A Simple Example Suppose I own a building (owner = principal) I hire you to manage my building (i.e., find tenants, collect rent, maintain structure, etc.) (manager = agent) As manager, you have incentives to take actions that may not be in my best interest (i.e., use “prime” rental space for your office, etc.) I must expend time and effort to ensure that you do not do things that make me worse off. Because of such monitoring costs, the value I receive from my ownership of the building may be lower than if I managed it myself. I have to view this economic loss against benefits obtained by freeing up most of my time!

Some Examples Highlighting Agency Costs of Managerial Discretion Perquisite consumption Manipulation of financial statements Empire building Excess diversification Lack of long-term focus Underutilization of debt Managerial entrenchment & board appointments Basic point: execs like more compensation and/or lower firm-specific risk.

Agency costs of debt Given agency costs associated with separation of ownership and control, why don’t we observe firms owned by a manager with the remainder of capital supplied by fixed claimants? –Incentive effects associated with debt –Monitoring costs created by manager’s incentives –Bankruptcy costs

Manager’s incentives Equity = call option when firm is levered. Call option’s value increases at higher levels of volatility. Thus, manager’s incentives are to invest in projects with more risk (NOTE: not unlimited…why not?). This incentive would hurt bondholders  negatively affects how much they will pay for bonds. This value reduction is one source of agency costs of debt.
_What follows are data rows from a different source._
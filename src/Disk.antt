-- ===== src/Disk.antt =====
-- src/disk/disk.c and streamer.c. The controller of the disk is a parameter: the words that it gives for
-- a command, in order. Positions and lengths are ints that are not negative.
pub mod Stream
mod Tests
use boi_os.Prelude.{
  ℕ, zero, suc, ◌+◌, ◌-◌, ◌*◌, ◌/◌, ◌%◌, ◌^◌, Bool, true, false, Option, none, some, leb, ltb, ◌==◌,
  if◌then◌else◌, bit_or,
}
use boi_os.Prelude.Int.{ℤ, pos, negsuc}
use boi_os.Prelude.Mem.{Mem, store}
use boi_os.Status.{Response, ok, err, eio}

abbrev pub sector_size : ℕ
sector_size = 512

-- What disc_read_sector writes to the ports 0x1F6, 0x1F2, 0x1F3, 0x1F4 and 0x1F5.
pub record Command : Type 0 where
  pub drive : ℕ
  pub count : ℕ
  pub lba_low : ℕ
  pub lba_mid : ℕ
  pub lba_high : ℕ

-- The words on the port 0x1F0 after a read command.
abbrev pub Controller : Type 0
Controller = Command → ℕ → ℕ

abbrev pub command : ℕ → ℕ → Command
command lba total_blocks = record {
  drive = bit_or (lba / 2 ^ 24) 0xE0 % 256;
  count = total_blocks % 256;
  lba_low = lba % 256;
  lba_mid = lba / 2 ^ 8 % 256;
  lba_high = lba / 2 ^ 16 % 256;
}

-- The words of all blocks, with `k` left at the word `i`.
read_words : (ℕ → ℕ) → Mem → ℕ → ℕ → ℕ → Mem
read_words words m ptr i zero = m
read_words words m ptr i (suc k) =
    read_words words (store (store m ptr (words i % 256)) (ptr + 1) (words i / 256 % 256)) (ptr + 2)
      (i + 1) k

-- The wait for the controller is left out.
disc_read_sector : Controller → ℕ → ℕ → Mem → ℕ → Response × Mem
unfolding read_words
disc_read_sector controller lba total_blocks m buf =
    (ok 0, read_words (controller (command lba total_blocks)) m buf 0 (total_blocks * 256))

-- `idisk` is whether the pointer is the one to `disk`.
disk_read_block : Controller → Bool → ℕ → ℕ → Mem → ℕ → Response × Mem
unfolding disc_read_sector
disk_read_block controller idisk lba total m buf =
    if idisk then disc_read_sector controller lba total m buf else (err eio, m)

-- The pointer to `disk`, or `none` for the null pointer.
pub disk_get : ℤ → Option Bool
disk_get (pos zero) = some true
disk_get (pos (suc n)) = none
disk_get (negsuc n) = none

-- `struct disk_stream`; `disk` is whether the pointer is the one to `disk`.
pub record DiskStream : Type 0 where
  pub position : ℕ
  pub disk : Bool

stream_of : Option Bool → Option DiskStream
stream_of none = none
stream_of (some disk) = some (record { position = 0; disk = disk })

-- The stream, where kzalloc finds room for it.
pub diskstreamer_new : ℤ → Option DiskStream
unfolding stream_of disk_get
diskstreamer_new disk_id = stream_of (disk_get disk_id)

unfoldable pub diskstreamer_seek : DiskStream → ℕ → Response × DiskStream
diskstreamer_seek stream position = (ok 0, record { position = position; disk = stream.disk })

-- `out[i] = buf[offset + i]`, with `k` rounds left.
copy_out : Mem → Mem → ℕ → ℕ → ℕ → Mem
copy_out m buf out index zero = m
copy_out m buf out index (suc k) = copy_out (store m out (buf index)) buf (out + 1) (index + 1) k

-- The read goes on unless the block could not be read.
after_block :
    Response × Mem
    → DiskStream
    → Mem
    → (Mem → Option (Response × DiskStream × Mem))
    → Option (Response × DiskStream × Mem)
after_block (err e, buf) stream m rest = some (err e, stream, m)
after_block (ok r, buf) stream m rest = rest buf

-- The read with fuel for the sectors. The local `buf` is memory of its own, at address 0; what it holds
-- before the read is `buf`.
pub diskstreamer_read :
    Controller → Mem → Mem → DiskStream → ℕ → ℕ → ℕ → Option (Response × DiskStream × Mem)
unfolding copy_out after_block
diskstreamer_read controller buf m stream out total zero = none
diskstreamer_read controller buf m stream out total (suc fuel) =
    let sector = stream.position / sector_size in
    let offset = stream.position % sector_size in
    after_block (disk_read_block controller stream.disk sector 1 buf 0) stream m (λ buf'.
      elim (leb sector_size (offset + total)) [
        | true ↦
            let total_to_read = total - (offset + total - sector_size) in
            diskstreamer_read controller buf (copy_out m buf' out offset total_to_read)
              (record { position = stream.position + total_to_read; disk = stream.disk })
              (out + total_to_read) (total - total_to_read) fuel
        | false ↦ some (
          ok 0,
          record { position = stream.position + total; disk = stream.disk },
          copy_out m buf' out offset total,
        )
      ])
Monitoring, bonding, and bankruptcy costs Monitoring –Financial covenants Bonding –Audited financial statements Bankruptcy costs

Jensen and Meckling’s Theory of Ownership Structure When deciding how much outside equity and debt, owner-manager trades off agency costs of outside equity vs. debt. When deciding how much outside capital to issue, owner-manager takes into account additional agency costs borne by issuing additional outside capital relative to her need for additional financing.
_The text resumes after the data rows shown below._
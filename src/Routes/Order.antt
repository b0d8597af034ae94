-- ===== src/Routes/Order.antt =====
-- Snapshot of internal/routes/table.go: the entries in the order of their keys.
use mathlib.Core.List.{Perm}
use yalb_link.Prelude.{◌≡◌, true, false, arith, map, IsSorted, sort-perm, sort-IsSorted}
use yalb_link.Routes.{Key, Table, key_le, snapshot}

key_le_total : (a b : Key) → key_le a b ≡ false → key_le b a ≡ true
key_le_total a b h = ground arith

key_le_trans : (a b c : Key) → key_le a b ≡ true → key_le b c ≡ true → key_le a c ≡ true
key_le_trans a b c h k = ground arith

-- A snapshot holds the entries of the table, each once, with ascending system and component ids.
pub snapshot-IsSorted :
    (t : Table)
    → Perm (snapshot t) (map (λ x. x.1) t.entries)
      × IsSorted (λ a b. key_le a.key b.key) (snapshot t)
unfolding snapshot
snapshot-IsSorted t = (
  sort-perm _ (map (λ x. x.1) t.entries),
  sort-IsSorted (λ a b. key_le a.key b.key) (λ a b. key_le_total a.key b.key)
      (λ a b c. key_le_trans a.key b.key c.key) (map (λ x. x.1) t.entries),
)
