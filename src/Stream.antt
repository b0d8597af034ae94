-- ===== src/Stream.antt =====
-- internal/stream: the events that browsers receive.
pub mod Hub
pub mod Follows
pub mod Delivery
pub mod Bootstrap
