-- ===== src/Vehicle.antt =====
-- internal/vehicle: the deterministic fold of one vehicle's frames into its state and events.
pub mod Event
pub mod State
pub mod Fold
pub mod Trace
pub mod Arming
pub mod Lifecycle
pub mod Stamps
pub mod Freshness
pub mod Snapshot
pub mod Conflicts
pub mod Heading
Another agency cost of debt – Underinvestment According to Jensen and Meckling, issuing outside capital to fixed claimants may cause investors to invest in overly risky projects. This is commonly called the “overinvestment” problem. Myers (1977) illustrates that shareholders requiring debt financing to fund a positive NPV project may reject it because too much of the project’s value is captured by the creditors.

So, what’s the point? We can use “agency” cost arguments as a major point in analyzing many corporate financing decisions. Examples include: –Capital structure (week 2). –Payout policy (week 3). –Executive compensation (week 4). –Managerial ownership and firm performance (week 6). –Risk management (weeks 7 & 8). –M&A / corporate diversification (week 9).

Some important questions – background from Jensen (2001) Does shareholder value maximization mean “taking advantage” of other stakeholders? –Are stockholders and stakeholders “opponents?” Should value maximization be the “goal” of corporations? –Question 1: Why are we in business? –Follow-up question: How do we determine success? Does maximizing corporate value maximize social welfare? –Externalities –Role of governments Do managers REALLY prefer stakeholder theory? What does “long-term” market value mean?